# Normalization (Min-Max Scaling)
Normalization rescales the data to a fixed range, usually [0,1] or [-1,1]. It is particularly useful when you want to ensure that all features have the same scale, which is important for algorithms like k-nearest neighbors (kNN) or neural networks.


(x - x_min) / (x_max - x_min)

In [4]:
from sklearn.preprocessing import MinMaxScaler
import numpy as np

# Sample data
data = np.array([[1, 2, 3],
                 [4, 5, 6],
                 [7, 8, 9]])

# Normalize using MinMaxScaler
scaler = MinMaxScaler()
normalized_data = scaler.fit_transform(data)


def scaler(x):
    return (x - x.min(axis = 0))/ (x.max(axis = 0) - x.min(axis = 0))

print("Normalized Data:")
print(normalized_data)
print(scaler(data))


Normalized Data:
[[0.  0.  0. ]
 [0.5 0.5 0.5]
 [1.  1.  1. ]]
[[0.  0.  0. ]
 [0.5 0.5 0.5]
 [1.  1.  1. ]]


When to use:

Suitable for models that rely on distance calculations (e.g., kNN, SVM).
When features have different units (e.g., height in cm and weight in kg).

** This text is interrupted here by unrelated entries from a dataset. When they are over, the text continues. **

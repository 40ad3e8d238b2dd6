-- ===== src/Wire.antt =====
-- wire/*.py: the signed messages, their canonical encoding, signatures and limits.
pub mod Envelope
pub mod Limits
pub mod Json
pub mod External
pub mod Payload
pub mod Codec
pub mod Signing
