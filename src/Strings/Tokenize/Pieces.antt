-- ===== src/Strings/Tokenize/Pieces.antt =====
-- `Tokenize` and the pieces between the separators.
use warhead_fix.Base.{
  ℕ, zero, suc, ◌+◌, ◌-◌, ◌≤◌, ◌<◌, ◌≡◌, refl, ap, subst, inl, inr, Bool, true, false, not, ◌||◌,
  none, some, List, [], ◌∷◌, ◌++◌, arith, ltb, ◌==◌, if◌then◌else◌, Bool-cases, Option-cases,
  length, take, drop, length-take, length-drop, drop-drop,
}
use warhead_fix.Strings.Tokenize.{shifted, find_first, find, substr, tokens_from, tokenize}

unfoldable pub put_head : ℕ → List (List ℕ) → List (List ℕ)
put_head c [] = (c ∷ []) ∷ []
put_head c (piece ∷ pieces) = (c ∷ piece) ∷ pieces

-- The pieces between the separators, of which there is always one.
unfoldable pub pieces : ℕ → List ℕ → List (List ℕ)
unfolding put_head
pieces sep [] = [] ∷ []
pieces sep (c ∷ str) = let rest = pieces sep str in if c == sep then [] ∷ rest else put_head c rest

unfoldable pub kept : Bool → List (List ℕ) → List (List ℕ)
kept true ps = ps
kept false [] = []
kept false (piece ∷ ps) =
    let rest = kept false ps in if length piece == 0 then rest else piece ∷ rest

-- The pieces with a separator between each two.
unfoldable pub joined : ℕ → List (List ℕ) → List ℕ
joined sep [] = []
joined sep (piece ∷ []) = piece
joined sep (piece ∷ next ∷ ps) = piece ++ sep ∷ joined sep (next ∷ ps)

find_first-none : (sep : ℕ) (str : List ℕ) → find_first sep str ≡ none → pieces sep str ≡ str ∷ []
unfolding find_first shifted pieces put_head
find_first-none sep [] e = refl
find_first-none sep (c ∷ str) e = elim (Bool-cases (c == sep)) [
  | inl same ↦ absurd (ground (arith, e, same))
  | inr other ↦ elim (Option-cases (find_first sep str)) [
    | inl e' ↦ rw (other, find_first-none sep str e') refl
    | inr found ↦ let (i, e') = found in absurd (ground (arith, e, other, e'))
  ]
]

find_first-some :
    (sep : ℕ) (str : List ℕ) (i : ℕ)
    → find_first sep str ≡ some i
    → (i < length str) × (pieces sep str ≡ take i str ∷ pieces sep (drop (suc i) str))
unfolding find_first shifted pieces put_head
find_first-some sep [] i e = cc
find_first-some sep (c ∷ str) i e = elim (Bool-cases (c == sep)) [
  | inl same ↦
      let here : some 0 ≡ some i = rw same at e in
      let zero_i : 0 ≡ i = cc in
      subst
        (λ i.
          (i < length (c ∷ str))
          × (pieces sep (c ∷ str) ≡ take i (c ∷ str) ∷ pieces sep (drop i str)))
        zero_i (ground arith, rw same refl)
  | inr other ↦ elim (Option-cases (find_first sep str)) [
    | inl e' ↦ absurd (ground (arith, e, other, e'))
    | inr found ↦
        let (j, e') = found in
        let (low, ih) = find_first-some sep str j e' in
        let there : some (1 + j) ≡ some i = rw (other, e') at e in
        let suc_j : suc j ≡ i = ground (arith, there) in
        subst
          (λ i.
            (i < length (c ∷ str))
            × (pieces sep (c ∷ str) ≡ take i (c ∷ str) ∷ pieces sep (drop i str)))
          suc_j (ground arith, rw (other, ih) refl)
  ]
]

kept-cons :
    (keep_empty long : Bool) (piece : List ℕ) (rest ps : List (List ℕ))
    → long ≡ not (length piece == 0)
    → rest ≡ kept keep_empty ps
    → (if keep_empty || long then piece ∷ rest else rest) ≡ kept keep_empty (piece ∷ ps)
unfolding kept
kept-cons true long piece rest ps test e = ap (◌∷◌ piece) e
kept-cons false long piece rest ps test e = elim (Bool-cases (length piece == 0)) [
  | inl short ↦ rw (test, short) e
  | inr not_short ↦ rw (test, not_short) (ap (◌∷◌ piece) e)
]

kept-nil : (keep_empty : Bool) → [] ≡ kept keep_empty []
unfolding kept
kept-nil true = refl
kept-nil false = refl

tokens_from_lem :
    (fuel : ℕ) (str : List ℕ) (sep : ℕ) (keep_empty : Bool) (start : ℕ)
    → start ≤ length str
    → length str - start < fuel
    → tokens_from fuel str sep keep_empty start ≡ kept keep_empty (pieces sep (drop start str))
unfolding tokens_from find substr find_first shifted
tokens_from_lem zero str sep keep_empty start inside enough = absurd (omega (arith, enough))
tokens_from_lem (suc fuel) str sep keep_empty start inside enough =
    elim (Option-cases (find_first sep (drop start str))) [
      | inl e ↦
          rw (tokens_from, find, e, find_first-none sep (drop start str) e)
            (kept-cons keep_empty _ (drop start str) [] [] (ground (arith, length-drop start str))
              (kept-nil keep_empty))
      | inr found ↦
          let (i, e) = found in
          let (low, cut) = find_first-some sep (drop start str) i e in
          let length_rest : length (drop start str) ≡ length str - start = length-drop start str in
          let length_piece : length (take i (drop start str)) ≡ i =
            omega (arith, length-take i (drop start str), low) in
          let behind : drop (suc i) (drop start str) ≡ drop (start + i + 1) str =
            drop-drop str (suc i) start (start + i + 1) (omega arith) in
          let count : start + i - start ≡ i = omega arith in
          rw (tokens_from, find, substr, e, cut, count, behind)
            (kept-cons keep_empty (ltb start (start + i)) (take i (drop start str))
              (tokens_from fuel str sep keep_empty (start + i + 1))
              (pieces sep (drop (start + i + 1) str)) (ground (arith, length_piece))
              (tokens_from_lem fuel str sep keep_empty (start + i + 1)
                (omega (arith, low, length_rest)) (omega (arith, low, length_rest))))
    ]

-- `Tokenize` returns the pieces, or those that are not empty.
pub tokenize-pieces :
    (str : List ℕ) (sep : ℕ) (keep_empty : Bool)
    → tokenize str sep keep_empty ≡ kept keep_empty (pieces sep str)
unfolding tokenize
tokenize-pieces str sep keep_empty =
    tokens_from_lem (suc (length str)) str sep keep_empty 0 (omega arith) (omega arith)
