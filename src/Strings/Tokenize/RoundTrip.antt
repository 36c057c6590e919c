-- ===== src/Strings/Tokenize/RoundTrip.antt =====
-- `Tokenize` and putting the tokens together again.
use warhead_fix.Base.{
  ℕ, ◌≡◌, refl, sym, ap, ap₂, ◌∙◌, ◌≢◌, inl, inr, Bool, true, false, List, [], ◌∷◌, ◌++◌, arith,
  ◌==◌, Bool-cases,
}
use warhead_fix.Base.Texts.{All}
use warhead_fix.Strings.Tokenize.{tokenize}
use warhead_fix.Strings.Tokenize.Pieces.{put_head, pieces, kept, joined, tokenize-pieces}

-- A piece holds no separator.
unfoldable pub Lacks : ℕ → List ℕ → Type 0
Lacks sep = All (λ c. c ≢ sep)

Lacks-put_head :
    (sep c : ℕ) (ps : List (List ℕ))
    → c ≢ sep
    → All (Lacks sep) ps
    → All (Lacks sep) (put_head c ps)
unfolding put_head Lacks
Lacks-put_head sep c [] h all = ((h, tt), tt)
Lacks-put_head sep c (p ∷ ps) h all = ((h, all.0), all.1)

Lacks-pieces : (sep : ℕ) (str : List ℕ) → All (Lacks sep) (pieces sep str)
unfolding pieces Lacks
Lacks-pieces sep [] = (tt, tt)
Lacks-pieces sep (c ∷ str) = elim (Bool-cases (c == sep)) [
  | inl same ↦ rw same (tt, Lacks-pieces sep str)
  | inr other ↦
      rw other
        (Lacks-put_head sep c (pieces sep str) (ground (arith, other)) (Lacks-pieces sep str))
]

-- There is always a piece.
pieces-cons :
    (sep : ℕ) (str : List ℕ) → (p : List ℕ) × (ps : List (List ℕ)) × (pieces sep str ≡ p ∷ ps)
unfolding pieces put_head
pieces-cons sep [] = ([], [], refl)
pieces-cons sep (c ∷ str) =
    let (p, ps, e) = pieces-cons sep str in
    elim (Bool-cases (c == sep)) [
      | inl same ↦ ([], pieces sep str, rw same refl)
      | inr other ↦ (c ∷ p, ps, rw (other, e) refl)
    ]

joined-nil :
    (sep : ℕ) (p : List ℕ) (ps : List (List ℕ))
    → joined sep ([] ∷ p ∷ ps) ≡ sep ∷ joined sep (p ∷ ps)
unfolding joined
joined-nil sep p ps = refl

joined-cons :
    (sep c : ℕ) (p : List ℕ) (ps : List (List ℕ))
    → joined sep ((c ∷ p) ∷ ps) ≡ c ∷ joined sep (p ∷ ps)
unfolding joined
joined-cons sep c p [] = refl
joined-cons sep c p (next ∷ ps) = refl

joined-pieces : (sep : ℕ) (str : List ℕ) → joined sep (pieces sep str) ≡ str
unfolding joined pieces put_head
joined-pieces sep [] = refl
joined-pieces sep (c ∷ str) =
    let (p, ps, e) = pieces-cons sep str in
    let ih : joined sep (p ∷ ps) ≡ str = ap (joined sep) (sym e) ∙ joined-pieces sep str in
    elim (Bool-cases (c == sep)) [
      | inl same ↦
          let is_sep : sep ≡ c = ground (arith, same) in
          rw (same, e) (joined-nil sep p ps ∙ ap₂ (◌∷◌) is_sep ih)
      | inr other ↦ rw (other, e) (joined-cons sep c p ps ∙ ap (◌∷◌ c) ih)
    ]

pieces-append :
    (sep : ℕ) (piece str : List ℕ)
    → Lacks sep piece
    → pieces sep (piece ++ sep ∷ str) ≡ piece ∷ pieces sep str
unfolding pieces put_head Lacks
pieces-append sep [] str h = rw (==_refl sep) refl
  where
    ==_refl : (n : ℕ) → (n == n) ≡ true
    ==_refl n = ground arith
pieces-append sep (c ∷ piece) str h =
    let other : (c == sep) ≡ false = ground (arith, h.0) in
    rw (other, pieces-append sep piece str h.1) refl

pieces_last : (sep : ℕ) (piece : List ℕ) → Lacks sep piece → pieces sep piece ≡ piece ∷ []
unfolding pieces put_head Lacks
pieces_last sep [] h = refl
pieces_last sep (c ∷ piece) h =
    let other : (c == sep) ≡ false = ground (arith, h.0) in
    rw (other, pieces_last sep piece h.1) refl

pieces-joined :
    (sep : ℕ) (p : List ℕ) (ps : List (List ℕ))
    → All (Lacks sep) (p ∷ ps)
    → pieces sep (joined sep (p ∷ ps)) ≡ p ∷ ps
unfolding joined
pieces-joined sep p [] h = pieces_last sep p h.0
pieces-joined sep p (next ∷ ps) h =
    pieces-append sep p (joined sep (next ∷ ps)) h.0 ∙ ap (◌∷◌ p) (pieces-joined sep next ps h.1)

-- With the empty tokens kept, the tokens with a separator between each two are the text, and none of
-- them holds a separator.
pub joined-tokenize :
    (sep : ℕ) (str : List ℕ)
    → (joined sep (tokenize str sep true) ≡ str) × All (Lacks sep) (tokenize str sep true)
unfolding kept
joined-tokenize sep str =
    rw (tokenize-pieces str sep true) (joined-pieces sep str, Lacks-pieces sep str)

-- Tokenize of one or more pieces that hold no separator, written with a separator between each two,
-- returns the pieces, or those that are not empty unless empty ones are kept.
pub tokenize-joined :
    (sep : ℕ) (keep_empty : Bool) (p : List ℕ) (ps : List (List ℕ))
    → All (Lacks sep) (p ∷ ps)
    → tokenize (joined sep (p ∷ ps)) sep keep_empty ≡ kept keep_empty (p ∷ ps)
tokenize-joined sep keep_empty p ps h =
    tokenize-pieces (joined sep (p ∷ ps)) sep keep_empty
    ∙ ap (kept keep_empty) (pieces-joined sep p ps h)
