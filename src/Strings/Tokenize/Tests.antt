-- ===== src/Strings/Tokenize/Tests.antt =====
-- An option of the log: a level, and the names of its sinks.
use warhead_fix.Base.{◌≡◌, refl, true, false, [], ◌∷◌, arith}
use warhead_fix.Base.Texts.{codes, All}
use warhead_fix.Strings.Tokenize.{find_first, shifted, find, substr, tokens_from, tokenize}
use warhead_fix.Strings.Tokenize.Pieces.{kept, joined}
use warhead_fix.Strings.Tokenize.RoundTrip.{Lacks, joined-tokenize, tokenize-joined}

names : tokenize (codes " Console  Server ") b' ' false ≡ codes "Console" ∷ codes "Server" ∷ []
unfolding tokenize tokens_from find find_first shifted substr
names = refl

empty_text : (tokenize [] b',' true ≡ [] ∷ []) × (tokenize [] b',' false ≡ [])
unfolding tokenize tokens_from find find_first shifted substr
empty_text = (refl, refl)

joined_option :
    (joined b',' (tokenize (codes "4,,Server,") b',' true) ≡ codes "4,,Server,")
    × All (Lacks b',') (tokenize (codes "4,,Server,") b',' true)
joined_option = joined-tokenize b',' (codes "4,,Server,")

tokenize-joined_example :
    tokenize (joined b',' (codes "4" ∷ [] ∷ codes "S" ∷ [])) b',' false
    ≡ kept false (codes "4" ∷ [] ∷ codes "S" ∷ [])
unfolding Lacks
tokenize-joined_example =
    tokenize-joined b',' false (codes "4") ([] ∷ codes "S" ∷ [])
      ((λ e. absurd (omega (arith, e)), tt), (tt, ((λ e. absurd (omega (arith, e)), tt), tt)))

# Standardization (Z-score Scaling)
#### Standardization rescales the data to have a mean of 0 and a standard deviation of 1. It is useful when the data follows a Gaussian distribution or when distance-based models like kNN or SVM are used.

Formula:

$X_{𝑠𝑡𝑎𝑛𝑑𝑎𝑟𝑑𝑖𝑧𝑒𝑑} = \frac{X − 𝜇}{𝜎} $

​
 
#### Where:
#### μ is the mean of the data.
#### σ is the standard deviation.

In [5]:
from sklearn.preprocessing import StandardScaler

# Sample data
data = np.array([[1, 2, 3],
                 [4, 5, 6],
                 [7, 8, 9]])

# Standardize using StandardScaler
scaler = StandardScaler()
standardized_data = scaler.fit_transform(data)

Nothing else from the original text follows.